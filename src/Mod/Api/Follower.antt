-- ===== src/Mod/Api/Follower.antt =====
-- mod/ModApi.hpp, `AppendEntriesQ`: the handler as a whole, up to its reply.
use raft_server.Prelude.{
  >>=-eq-ok, Bool, Bool-cases, Extends, Extends-refl, List, Option-cases, [], arith, dec_lt, false,
  get_elem?, get_elem?-none_of_ge, get_elem?-some_of_lt, if◌then◌else◌, inl, inr, length, max,
  minus_one, none, ok, refl, some, to_int, to_uint32, true, u32, ℕ, ◌+◌, ◌<◌, ◌==◌, ◌^◌, ◌∷◌, ◌≡◌,
  ◌≤◌, ◌⊎◌,
}
use raft_server.Mod.Api.Term.{check_term-TermChecked, TermChecked}
use raft_server.Mod.Api.Entries.{append_entries-Extends, append_entries-frame}
use raft_server.Easytimer.{fresh_time, follower_heartbeat_timer}
use raft_server.Protocol.{AppendEntriesQ, Entry}
use raft_server.Nanoraft.Log.{entry_term_by_index, log_term_by_index, del_logs_from_index}
use raft_server.Mod.Api.{
  check_previous, resolve_conflicts, Verdict, take_entries, check_term, judge, refused,
}
use raft_server.Env.{Env}
use raft_server.State.{RaftServer}

-- The previous entry of a message is the start of the log, or is there with the term that it says.
abbrev pub Matches : AppendEntriesQ → List Entry → Type 0
Matches q es =
    (q.prelogindex ≡ 0)
    ⊎ ((e : Entry) × (get_elem? es q.prelogindex ≡ some e) × (e.term ≡ q.prelogterm))

abbrev pub Terms32 : List Entry → Type 0
Terms32 es = (i : ℕ) (e : Entry) → get_elem? es i ≡ some e → e.term < 2 ^ 32

-- `EntryTermByIndex`, for an index whose successor does not wrap
pub entry_term_by_index_lem :
    (i : ℕ) (s : RaftServer)
    → i + 1 < 2 ^ 32
    → entry_term_by_index i s
      ≡ elim (get_elem? s.entries i) [ none ↦ ok minus_one | some e ↦ ok (to_int e.term) ]
unfolding entry_term_by_index
entry_term_by_index_lem i s b = elim (dec_lt i (length s.entries)) [
  | yes p ↦ ground (arith, get_elem?-some_of_lt s.entries i p)
  | no p ↦ ground (arith, get_elem?-none_of_ge s.entries i (omega arith))
]

to_uint32-to_int : (w : ℕ) → w < 2 ^ 32 → to_uint32 (to_int w) ≡ w
to_uint32-to_int w h = ground arith

-- The test of the previous entry passes only on a match.
pub check_previous_sound :
    (q : AppendEntriesQ) (s : RaftServer)
    → q.prelogindex + 1 < 2 ^ 32
    → Terms32 s.entries
    → check_previous q s ≡ ok true
    → Matches q s.entries
unfolding check_previous
check_previous_sound q s b t h = elim (Option-cases (get_elem? s.entries q.prelogindex)) [
  | inl e ↦ ground (arith, entry_term_by_index_lem q.prelogindex s b)
  | inr (e, p) ↦ ground (
    arith,
    entry_term_by_index_lem q.prelogindex s b,
    to_uint32-to_int e.term (t q.prelogindex e p),
  )
]

del_logs_from_index-frame :
    (env : Env) (i : ℕ) (s : RaftServer)
    → del_logs_from_index env i s ≡ record s {
      entries_db = (del_logs_from_index env i s).entries_db;
      logs = (del_logs_from_index env i s).logs;
    }
unfolding del_logs_from_index
del_logs_from_index-frame env i s = ground arith

-- Step 3 changes the database and `m_stLogs_` only, and drops entries from the front of the message.
pub resolve_conflicts-frame :
    (env : Env) (prev i : ℕ) (es : List Entry) (s : RaftServer) {es' : List Entry} {s' : RaftServer}
    → resolve_conflicts env prev i es s ≡ ok (es', s')
    → (length es' ≤ length es) × (s' ≡ record s { entries_db = s'.entries_db; logs = s'.logs })
unfolding resolve_conflicts
resolve_conflicts-frame env prev i [] s h = ground arith
resolve_conflicts-frame env prev i (e ∷ es) s {es'} {s'} h =
    let (t, p, rest) = >>=-eq-ok (log_term_by_index (u32 (prev + 1 + i)) s) _ h in
    ground (
      arith,
      resolve_conflicts-frame env prev (i + 1) es (del_logs_from_index env (to_uint32 t) s)
          {es' = es'} {s' = s'},
      del_logs_from_index-frame env (to_uint32 t) s,
    )

pub fresh_time-frame :
    (i : ℕ) (s : RaftServer) → fresh_time i s ≡ record s { timers = (fresh_time i s).timers }
unfolding fresh_time
fresh_time-frame i s = ground arith

-- What the handler's steps leave alone: all but the term and the role, the log and the timers.
abbrev pub KeepsRest : RaftServer → RaftServer → Type 0
KeepsRest s s' = s' ≡ record s {
  current_term = s'.current_term;
  role = s'.role;
  state_db = s'.state_db;
  entries = s'.entries;
  entries_db = s'.entries_db;
  logs = s'.logs;
  timers = s'.timers;
}

-- What steps 2 to 4 do to the server.
record Taken (q : AppendEntriesQ) (s : RaftServer) (v : Verdict) (s' : RaftServer) : Type 0 where
  success : v.success ≡ true
  heartbeat : v.heartbeat ≡ true → s'.entries ≡ s.entries
  term : s'.current_term ≡ s.current_term
  rest : KeepsRest s s'
  extends : Extends s.entries s'.entries

take_entries-Taken :
    (env : Env) (q : AppendEntriesQ) (s : RaftServer) {v : Verdict} {s' : RaftServer}
    → take_entries env q s ≡ ok (v, s')
    → Taken q s v s'
unfolding take_entries
take_entries-Taken env q s {v} {s'} h = elim (Bool-cases (length q.entries == 0)) [
  | inl without ↦
      ground (arith, fresh_time-frame follower_heartbeat_timer s, Extends-refl s.entries)
  | inr with_entries ↦
      let ((es, s1), p, rest) =
        >>=-eq-ok (resolve_conflicts env q.prelogindex 0 q.entries s) _ (rw with_entries at h) in
      ground (
        arith,
        resolve_conflicts-frame env q.prelogindex 0 q.entries s p,
        append_entries-frame env es s1,
        append_entries-Extends env es s1,
      )
]

-- What the handler has done when it comes to its reply.
pub record Judged (q : AppendEntriesQ) (s : RaftServer) (v : Verdict) (s' : RaftServer)
    : Type 0 where
  pub term : s'.current_term ≡ max s.current_term q.term
  pub rest : KeepsRest s s'
  pub extends : Extends s.entries s'.entries
  pub kept : v.success ≡ false → s'.entries ≡ s.entries
  pub current : v.success ≡ true → s'.current_term ≡ q.term
  pub matches : v.success ≡ true → check_previous q s ≡ ok true
  pub heartbeat : v.heartbeat ≡ true → s'.entries ≡ s.entries

check_previous-entries :
    (q : AppendEntriesQ) (s t : RaftServer)
    → s.entries ≡ t.entries
    → check_previous q s ≡ check_previous q t
unfolding check_previous entry_term_by_index
check_previous-entries q s t e = rw e refl

-- behind step 1
judge_rest :
    (env : Env) (q : AppendEntriesQ) (s : RaftServer) (go m : Bool) (s1 : RaftServer) (v : Verdict)
    (s' : RaftServer)
    → TermChecked q s go s1
    → (if go then check_previous q s1 else ok false) ≡ ok m
    → (if m then take_entries env q s1 else ok (refused, s1)) ≡ ok (v, s')
    → Judged q s v s'
judge_rest env q s true true s1 v s' c p h =
    ground (arith, take_entries-Taken env q s1 h, check_previous-entries q s s1)
judge_rest env q s true false s1 v s' c p h = ground (arith, Extends-refl s.entries)
judge_rest env q s false true s1 v s' c p h = cc
judge_rest env q s false false s1 v s' c p h = ground (arith, Extends-refl s.entries)

pub judge-Judged :
    (env : Env) (q : AppendEntriesQ) (s : RaftServer) {v : Verdict} {s' : RaftServer}
    → judge env q s ≡ ok (v, s')
    → Judged q s v s'
unfolding judge
judge-Judged env q s {v} {s'} h =
    let ((go, s1), p, h1) = >>=-eq-ok (check_term env q s) _ h in
    let (m, p2, h2) = >>=-eq-ok (if go then check_previous q s1 else ok false) _ h1 in
    judge_rest env q s go m s1 v s' (check_term-TermChecked env q s p) p2 h2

_ _ _ _

*TASK*. Show all lines of the material in which the word "TermChecked" can be found.

*EXERCISE RESULT*.
use raft_server.Mod.Api.Term.{check_term-TermChecked, TermChecked}
    → TermChecked q s go s1
    judge_rest env q s go m s1 v s' (check_term-TermChecked env q s p) p2 h2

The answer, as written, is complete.